SAIs can also decide not to participate in the VNR process and to audit the process instead, including the report and the data used. To our knowledge, this has not been done yet, but it is encouraged by e.g. AFROSAI-E. In the UK, it was another entity, namely the parliamentary International Development Committee, that conducted an assessment of the 2019 VNR.

5. Facilitating stakeholder engagement

Some SAIs support stakeholder engagement for the SDGs. The SAI of Algeria, for instance, conducted the first national SDG Stakeholder Meeting of Algeria in 2018 to prioritize the issues facing Algeria with regard to the 2030 Agenda. The SAI of Chile has been organizing an international stakeholder conference on the SDGs since 2016, in which many stakeholders from civil society, government and academia share their knowledge on different subjects, such as good governance, environmental issues or improving public services. In Lithuania, the SAI is actively involving civil society and other non-state actors since 2017 in the ‘Signals’ conferences in order to discuss the government’s performance in SDG implementation and to raise awareness.

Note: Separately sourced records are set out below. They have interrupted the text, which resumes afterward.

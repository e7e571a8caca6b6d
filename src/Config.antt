-- ===== src/Config.antt =====
-- internal/config/config.go: the configuration of a node. Maps are association lists, slices are
-- lists (the code never tells nil from empty in what is modelled), int and time.Duration are
-- signed, durations count nanoseconds.
pub mod Validate
pub mod Presets
pub mod Toml
mod Examples
use mrmi_gateway.Prelude.{ℕ, ℤ, pos, String, Bool, List, ◌*◌}
use mrmi_gateway.Prelude.Map.{Map}

pub record NodeConfig : Type 0 where
  pub node_id : String
  pub node_scope : String
  pub region : String
  pub regions : List String
  pub alliance_id : String
  pub disclaimer : String
  pub operator_id : String
  pub policy_version : String
  pub applicable_law : String
  pub signed_by : String
  pub discovery_token_ttl : ℤ
  pub log_level : String
  pub log_format : String

pub record ProfileConfig : Type 0 where
  pub name : String
  pub dedup_ttl : ℤ
  pub timing_jitter_max : ℤ
  pub padding_bucket : ℤ
  pub dummy_traffic_rate : ℤ
  pub transit_cache_ttl : ℤ

pub record JurisdictionIsolationRule : Type 0 where
  pub schema_type : String
  pub allow_tiers : List String
  pub allow_jurisdictions : List String
  pub require_profile : String

pub record DiscoveryPolicy : Type 0 where
  pub app_isolation : String
  pub allowed_app_ids : List String

pub record ConnectPolicy : Type 0 where
  pub auto_accept : String
  pub trusted_nodes : List String

pub record RoutingPolicy : Type 0 where
  pub allow_via : List String

pub record OutboundPolicy : Type 0 where
  pub allow_to : List String
  pub deny_to : List String
  pub store_locally : Bool

pub record InboundPolicy : Type 0 where
  pub min_trust_tier : ℕ

pub record AuditPolicy : Type 0 where
  pub log_all_decisions : Bool
  pub log_backend : String
  pub export_to_operator : Bool
  pub dns_txt_publish : Bool
  pub dns_txt_interval : ℤ
  pub https_well_known : Bool
  pub root_hash_gossip : Bool

pub record PolicyConfig : Type 0 where
  pub outbound : OutboundPolicy
  pub inbound : InboundPolicy
  pub audit : AuditPolicy
  pub routing : RoutingPolicy
  pub discovery : DiscoveryPolicy
  pub connect : ConnectPolicy
  pub jurisdiction_isolation : List JurisdictionIsolationRule

pub record PeerConfig : Type 0 where
  pub region : String
  pub addr : String
  pub node_scope : String
  pub regions : List String

pub record NetworkConfig : Type 0 where
  pub grpc_listen_addr : String
  pub http_listen_addr : String
  pub metrics_addr : String
  pub shutdown_timeout : ℤ
  pub peers : Map PeerConfig
  pub bootstrap_nodes : List String
  pub peer_gossip_interval : ℤ

pub record TlsConfig : Type 0 where
  pub cert : String
  pub key : String
  pub ca : String
  pub insecure : Bool

pub record ApiConfig : Type 0 where
  pub api_key : String
  pub jwt_secret : String

pub record StorageConfig : Type 0 where
  pub backend : String
  pub path : String
  pub redis_url : String
  pub key_prefix : String

pub record UserConfig : Type 0 where
  pub display_hint : String
  pub region : String

pub record AppConfig : Type 0 where
  pub webhook_url : String
  pub webhook_secret : String
  pub webhook_timeout : ℤ
  pub auto_accept : String
  pub users : Map UserConfig

pub record AdapterConfig : Type 0 where
  pub type : String
  pub version : String
  pub enabled : Bool
  pub description : String
  pub jurisdiction_policy : String
  pub allow_tiers : List String
  pub contact : String

pub record CutoffWindow : Type 0 where
  pub opens : String
  pub closes : String
  pub tz : String

pub record Iso20022AdapterConfig : Type 0 where
  pub dedup_ttl_h : ℤ
  pub settlement_finality : Bool
  pub retain_long : Bool
  pub cutoff_windows : Map CutoffWindow

pub record SchemaRegistryConfig : Type 0 where
  pub adapters : List AdapterConfig
  pub iso20022 : Iso20022AdapterConfig

pub record Config : Type 0 where
  pub node : NodeConfig
  pub profile : ProfileConfig
  pub policy : PolicyConfig
  pub network : NetworkConfig
  pub tls : TlsConfig
  pub api : ApiConfig
  pub storage : StorageConfig
  pub schema_registry : SchemaRegistryConfig
  pub apps : Map AppConfig

-- time.Millisecond, time.Second, time.Minute and time.Hour
abbrev pub milliseconds : ℕ → ℤ
milliseconds n = pos (n * 1_000_000)

abbrev pub seconds : ℕ → ℤ
seconds n = pos (n * 1_000_000_000)

abbrev pub minutes : ℕ → ℤ
minutes n = pos (n * 60_000_000_000)

abbrev pub hours : ℕ → ℤ
hours n = pos (n * 3_600_000_000_000)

6. Mainstreaming the SDGs into audit activities

While not common, some SAIs have started mainstreaming the SDGs into their audit activities. Argentina reported in its 2020 VNR on specific capacity building to mainstream the SDGs in the mandates of the SAI. Similarly, Finland reported that it is developing a model for integrating the SDGs as a part of all external auditing.

Frontiers of learning

It is very impressive to see the response of the SAI community to the 2030 Agenda. The contribution of SAIs has from the beginning been resolute and was in many cases very important, sometimes even decisive to move the implementation forward. According to the discussions at our network meetings, the three following areas, among others, require further attention to maximise the impact of SAI contributions to national SDG follow-up and review:

  1. SAIs typically audit effectiveness and efficiency. In light of the objectives and principles of the 2030 Agenda there is a need to also audit inclusiveness and fairness. New approaches and tools are required for this purpose.
  2. Implementation audits require the auditing of outcomes and policy coherence, rather than only of individual programmes or entities. Some experiences with this exist already, but more is needed.
  3. The role of SAIs to hold governments accountable overlaps with those of other actors, e.g. media agencies, parliamentarians, and civil society organisations. It is encouraging to see that some SAIs have begun to create synergies with these actors.


1 With thanks to my colleague Miriam Rosa González for her useful comments on the initial draft.
2 P4R/GIZ (2020): ‘2020 Voluntary National Reviews – a snapshot of trends in SDG reporting’.
3 IDI-KSC (2019): ‘Are Nations Prepared for Implementation of the 2030 Agenda?’